#### Material for this exercise:
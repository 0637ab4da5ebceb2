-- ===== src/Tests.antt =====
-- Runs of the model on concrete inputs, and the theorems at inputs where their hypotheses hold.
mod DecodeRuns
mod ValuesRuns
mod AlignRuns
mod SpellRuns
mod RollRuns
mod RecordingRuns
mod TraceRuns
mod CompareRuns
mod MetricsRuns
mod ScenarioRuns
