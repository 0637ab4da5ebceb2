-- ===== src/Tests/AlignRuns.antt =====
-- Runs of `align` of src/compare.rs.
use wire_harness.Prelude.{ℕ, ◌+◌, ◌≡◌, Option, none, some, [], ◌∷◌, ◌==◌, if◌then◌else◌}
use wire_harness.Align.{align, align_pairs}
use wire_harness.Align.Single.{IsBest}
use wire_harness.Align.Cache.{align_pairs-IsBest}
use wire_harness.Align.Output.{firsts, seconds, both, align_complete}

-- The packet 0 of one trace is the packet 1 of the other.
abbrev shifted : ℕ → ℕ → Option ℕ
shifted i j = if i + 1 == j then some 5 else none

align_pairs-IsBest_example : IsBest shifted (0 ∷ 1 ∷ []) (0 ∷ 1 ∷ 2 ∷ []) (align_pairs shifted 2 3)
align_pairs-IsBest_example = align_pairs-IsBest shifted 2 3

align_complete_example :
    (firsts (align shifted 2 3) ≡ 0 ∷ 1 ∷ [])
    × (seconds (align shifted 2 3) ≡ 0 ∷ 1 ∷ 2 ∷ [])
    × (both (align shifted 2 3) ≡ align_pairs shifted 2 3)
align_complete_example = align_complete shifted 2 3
...
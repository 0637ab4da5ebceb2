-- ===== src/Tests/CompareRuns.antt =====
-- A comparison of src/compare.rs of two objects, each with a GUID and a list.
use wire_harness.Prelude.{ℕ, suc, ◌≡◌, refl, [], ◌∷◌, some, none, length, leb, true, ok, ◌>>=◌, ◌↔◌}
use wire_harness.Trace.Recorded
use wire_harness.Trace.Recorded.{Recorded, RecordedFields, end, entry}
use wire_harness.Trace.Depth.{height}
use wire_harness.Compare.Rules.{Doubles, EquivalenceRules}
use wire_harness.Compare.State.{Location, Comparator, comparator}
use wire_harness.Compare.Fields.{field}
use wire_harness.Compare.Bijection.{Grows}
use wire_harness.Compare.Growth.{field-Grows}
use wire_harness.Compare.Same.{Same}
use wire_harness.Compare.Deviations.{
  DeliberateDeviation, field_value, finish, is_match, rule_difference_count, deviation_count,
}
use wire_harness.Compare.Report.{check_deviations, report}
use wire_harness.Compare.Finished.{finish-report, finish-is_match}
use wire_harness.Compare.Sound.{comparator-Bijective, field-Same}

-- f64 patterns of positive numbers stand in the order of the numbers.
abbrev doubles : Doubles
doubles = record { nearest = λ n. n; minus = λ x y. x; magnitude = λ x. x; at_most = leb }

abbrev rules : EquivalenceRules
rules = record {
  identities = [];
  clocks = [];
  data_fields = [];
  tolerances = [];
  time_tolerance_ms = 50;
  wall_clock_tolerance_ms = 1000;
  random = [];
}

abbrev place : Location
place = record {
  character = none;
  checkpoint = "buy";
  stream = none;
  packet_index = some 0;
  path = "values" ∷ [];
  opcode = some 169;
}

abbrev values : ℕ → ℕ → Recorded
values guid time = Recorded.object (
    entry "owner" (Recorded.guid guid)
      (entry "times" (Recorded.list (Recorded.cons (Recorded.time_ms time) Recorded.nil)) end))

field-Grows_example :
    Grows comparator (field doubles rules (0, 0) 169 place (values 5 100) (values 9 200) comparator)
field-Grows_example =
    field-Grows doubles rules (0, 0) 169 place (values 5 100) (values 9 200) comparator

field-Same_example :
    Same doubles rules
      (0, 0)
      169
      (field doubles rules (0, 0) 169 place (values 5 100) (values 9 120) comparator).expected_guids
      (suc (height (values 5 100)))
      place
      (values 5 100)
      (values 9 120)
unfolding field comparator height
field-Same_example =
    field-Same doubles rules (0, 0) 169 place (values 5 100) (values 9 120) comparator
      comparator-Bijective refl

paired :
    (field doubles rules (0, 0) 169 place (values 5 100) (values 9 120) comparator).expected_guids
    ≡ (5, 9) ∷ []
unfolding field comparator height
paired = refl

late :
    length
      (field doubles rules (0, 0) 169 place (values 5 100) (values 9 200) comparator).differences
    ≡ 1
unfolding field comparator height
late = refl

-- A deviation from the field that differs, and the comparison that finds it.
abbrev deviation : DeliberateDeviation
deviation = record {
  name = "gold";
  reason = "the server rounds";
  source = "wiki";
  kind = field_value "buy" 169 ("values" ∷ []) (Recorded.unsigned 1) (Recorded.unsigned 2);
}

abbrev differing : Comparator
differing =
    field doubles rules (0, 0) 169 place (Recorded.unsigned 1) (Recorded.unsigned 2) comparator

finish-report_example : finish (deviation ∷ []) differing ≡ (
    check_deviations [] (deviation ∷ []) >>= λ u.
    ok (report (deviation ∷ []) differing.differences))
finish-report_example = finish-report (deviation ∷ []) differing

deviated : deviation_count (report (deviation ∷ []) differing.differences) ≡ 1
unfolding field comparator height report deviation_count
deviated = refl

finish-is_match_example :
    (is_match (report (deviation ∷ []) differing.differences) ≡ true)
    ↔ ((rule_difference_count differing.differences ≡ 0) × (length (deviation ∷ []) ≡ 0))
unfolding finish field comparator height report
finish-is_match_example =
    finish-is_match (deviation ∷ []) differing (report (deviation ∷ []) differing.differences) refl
==
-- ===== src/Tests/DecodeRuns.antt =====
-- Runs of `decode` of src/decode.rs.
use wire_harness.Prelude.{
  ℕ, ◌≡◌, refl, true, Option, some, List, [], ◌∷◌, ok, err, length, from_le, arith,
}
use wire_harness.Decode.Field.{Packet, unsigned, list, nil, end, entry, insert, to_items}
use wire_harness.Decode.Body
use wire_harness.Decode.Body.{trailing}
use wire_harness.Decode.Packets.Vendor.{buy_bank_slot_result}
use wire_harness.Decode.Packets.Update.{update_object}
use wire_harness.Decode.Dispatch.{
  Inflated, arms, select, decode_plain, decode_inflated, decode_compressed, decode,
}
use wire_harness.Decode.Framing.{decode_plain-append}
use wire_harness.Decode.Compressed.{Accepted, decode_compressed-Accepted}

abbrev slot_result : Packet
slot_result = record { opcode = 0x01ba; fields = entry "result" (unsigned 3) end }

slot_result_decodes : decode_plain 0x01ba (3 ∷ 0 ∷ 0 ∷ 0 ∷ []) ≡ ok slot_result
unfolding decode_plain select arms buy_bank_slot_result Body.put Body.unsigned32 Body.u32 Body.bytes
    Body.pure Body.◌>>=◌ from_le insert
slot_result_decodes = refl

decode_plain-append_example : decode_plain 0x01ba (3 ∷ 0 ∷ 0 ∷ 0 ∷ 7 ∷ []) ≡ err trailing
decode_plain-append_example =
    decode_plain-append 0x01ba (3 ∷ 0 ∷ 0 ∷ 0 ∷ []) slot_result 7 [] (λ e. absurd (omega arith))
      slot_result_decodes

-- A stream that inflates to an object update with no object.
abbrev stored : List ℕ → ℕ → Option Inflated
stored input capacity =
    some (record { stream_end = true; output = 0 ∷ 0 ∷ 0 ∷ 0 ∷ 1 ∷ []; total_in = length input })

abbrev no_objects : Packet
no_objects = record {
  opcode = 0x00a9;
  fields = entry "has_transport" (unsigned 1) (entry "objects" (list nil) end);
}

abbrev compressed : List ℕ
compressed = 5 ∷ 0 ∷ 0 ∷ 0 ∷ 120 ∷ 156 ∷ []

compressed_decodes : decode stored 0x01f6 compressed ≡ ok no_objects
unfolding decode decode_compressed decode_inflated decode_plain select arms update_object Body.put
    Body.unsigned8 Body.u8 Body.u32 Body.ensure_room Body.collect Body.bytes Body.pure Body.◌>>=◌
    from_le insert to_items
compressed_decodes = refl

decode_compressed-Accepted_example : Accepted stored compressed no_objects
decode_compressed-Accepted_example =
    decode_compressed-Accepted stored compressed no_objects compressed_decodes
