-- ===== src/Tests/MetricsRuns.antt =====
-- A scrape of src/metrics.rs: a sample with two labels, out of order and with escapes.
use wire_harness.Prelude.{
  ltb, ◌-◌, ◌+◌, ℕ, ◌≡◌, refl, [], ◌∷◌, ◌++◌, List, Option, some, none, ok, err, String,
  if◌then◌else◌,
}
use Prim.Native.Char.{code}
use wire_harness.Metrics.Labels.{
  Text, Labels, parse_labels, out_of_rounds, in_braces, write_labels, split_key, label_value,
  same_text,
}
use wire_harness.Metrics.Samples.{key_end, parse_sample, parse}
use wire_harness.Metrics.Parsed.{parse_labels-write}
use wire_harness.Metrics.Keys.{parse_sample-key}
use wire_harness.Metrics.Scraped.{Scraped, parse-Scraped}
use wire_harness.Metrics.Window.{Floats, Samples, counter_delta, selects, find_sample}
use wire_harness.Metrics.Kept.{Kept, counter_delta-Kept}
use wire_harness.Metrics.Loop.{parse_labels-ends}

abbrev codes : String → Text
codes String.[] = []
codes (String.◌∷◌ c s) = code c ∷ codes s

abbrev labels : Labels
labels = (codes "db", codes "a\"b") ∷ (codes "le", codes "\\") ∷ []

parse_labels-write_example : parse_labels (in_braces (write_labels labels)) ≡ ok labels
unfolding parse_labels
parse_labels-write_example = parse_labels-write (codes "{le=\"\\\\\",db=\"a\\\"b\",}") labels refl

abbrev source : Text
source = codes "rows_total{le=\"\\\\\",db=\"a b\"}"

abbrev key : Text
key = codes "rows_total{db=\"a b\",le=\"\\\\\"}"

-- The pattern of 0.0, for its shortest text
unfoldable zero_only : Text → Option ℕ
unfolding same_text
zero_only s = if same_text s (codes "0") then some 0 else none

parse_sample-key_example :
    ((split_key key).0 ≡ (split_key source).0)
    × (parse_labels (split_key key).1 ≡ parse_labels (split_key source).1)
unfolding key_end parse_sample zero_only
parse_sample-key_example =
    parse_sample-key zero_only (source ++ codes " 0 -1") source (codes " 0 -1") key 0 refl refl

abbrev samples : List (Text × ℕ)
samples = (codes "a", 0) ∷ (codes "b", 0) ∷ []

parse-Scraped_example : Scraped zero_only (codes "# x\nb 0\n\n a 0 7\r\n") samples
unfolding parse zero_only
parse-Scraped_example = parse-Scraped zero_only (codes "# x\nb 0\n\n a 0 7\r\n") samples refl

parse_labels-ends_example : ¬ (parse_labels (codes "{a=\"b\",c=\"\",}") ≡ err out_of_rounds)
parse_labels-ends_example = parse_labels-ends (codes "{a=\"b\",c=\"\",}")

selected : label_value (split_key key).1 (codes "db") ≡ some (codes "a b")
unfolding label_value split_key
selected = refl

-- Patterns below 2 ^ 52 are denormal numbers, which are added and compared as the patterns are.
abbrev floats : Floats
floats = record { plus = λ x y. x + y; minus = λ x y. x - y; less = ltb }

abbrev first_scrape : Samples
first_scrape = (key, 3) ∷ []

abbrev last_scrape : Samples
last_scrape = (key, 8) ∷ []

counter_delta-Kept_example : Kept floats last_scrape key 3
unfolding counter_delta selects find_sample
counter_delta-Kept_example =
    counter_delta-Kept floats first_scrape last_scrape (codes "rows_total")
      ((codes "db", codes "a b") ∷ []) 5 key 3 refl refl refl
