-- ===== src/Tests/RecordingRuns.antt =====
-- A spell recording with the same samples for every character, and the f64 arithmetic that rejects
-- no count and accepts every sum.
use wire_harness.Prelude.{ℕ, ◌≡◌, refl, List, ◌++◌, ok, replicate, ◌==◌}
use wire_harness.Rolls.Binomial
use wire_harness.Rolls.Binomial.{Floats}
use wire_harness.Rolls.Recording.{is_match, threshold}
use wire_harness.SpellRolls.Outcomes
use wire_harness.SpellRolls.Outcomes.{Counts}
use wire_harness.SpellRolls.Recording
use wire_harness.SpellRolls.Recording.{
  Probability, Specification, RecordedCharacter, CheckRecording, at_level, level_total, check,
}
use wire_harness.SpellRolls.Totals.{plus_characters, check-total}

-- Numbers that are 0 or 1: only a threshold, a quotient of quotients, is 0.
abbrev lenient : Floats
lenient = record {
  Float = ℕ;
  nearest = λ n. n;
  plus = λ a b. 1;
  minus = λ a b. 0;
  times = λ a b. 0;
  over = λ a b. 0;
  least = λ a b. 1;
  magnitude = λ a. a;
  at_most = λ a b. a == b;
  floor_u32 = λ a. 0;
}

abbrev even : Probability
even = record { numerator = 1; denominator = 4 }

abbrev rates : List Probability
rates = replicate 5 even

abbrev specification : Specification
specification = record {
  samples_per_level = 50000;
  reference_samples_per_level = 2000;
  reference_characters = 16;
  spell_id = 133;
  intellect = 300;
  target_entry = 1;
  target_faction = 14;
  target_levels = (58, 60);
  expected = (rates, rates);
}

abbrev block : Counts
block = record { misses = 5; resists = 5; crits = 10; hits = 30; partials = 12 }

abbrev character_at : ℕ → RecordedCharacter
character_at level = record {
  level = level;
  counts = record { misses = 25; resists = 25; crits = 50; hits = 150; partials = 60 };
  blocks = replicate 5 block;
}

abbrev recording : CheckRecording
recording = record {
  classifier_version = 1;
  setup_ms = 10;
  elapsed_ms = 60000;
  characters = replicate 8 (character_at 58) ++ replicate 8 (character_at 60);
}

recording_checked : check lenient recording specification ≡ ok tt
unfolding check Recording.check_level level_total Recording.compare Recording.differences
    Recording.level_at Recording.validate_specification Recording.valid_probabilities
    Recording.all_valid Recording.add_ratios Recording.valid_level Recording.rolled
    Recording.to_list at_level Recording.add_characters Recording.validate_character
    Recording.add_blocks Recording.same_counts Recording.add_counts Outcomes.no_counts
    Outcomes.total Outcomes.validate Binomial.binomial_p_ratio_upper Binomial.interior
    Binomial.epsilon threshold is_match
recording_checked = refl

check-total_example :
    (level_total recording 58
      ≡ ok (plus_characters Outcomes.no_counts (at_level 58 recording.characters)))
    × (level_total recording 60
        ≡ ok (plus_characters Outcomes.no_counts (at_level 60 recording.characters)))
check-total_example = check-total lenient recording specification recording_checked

#### Your task:
Out of the listing above, reproduce exactly the lines from the one with "elapsed_ms = 60000;" up to and including the one with "unfolding check Recording.check_level".

#### Solution to the exercise:
  elapsed_ms = 60000;
  characters = replicate 8 (character_at 58) ++ replicate 8 (character_at 60);
}

recording_checked : check lenient recording specification ≡ ok tt
unfolding check Recording.check_level level_total Recording.compare Recording.differences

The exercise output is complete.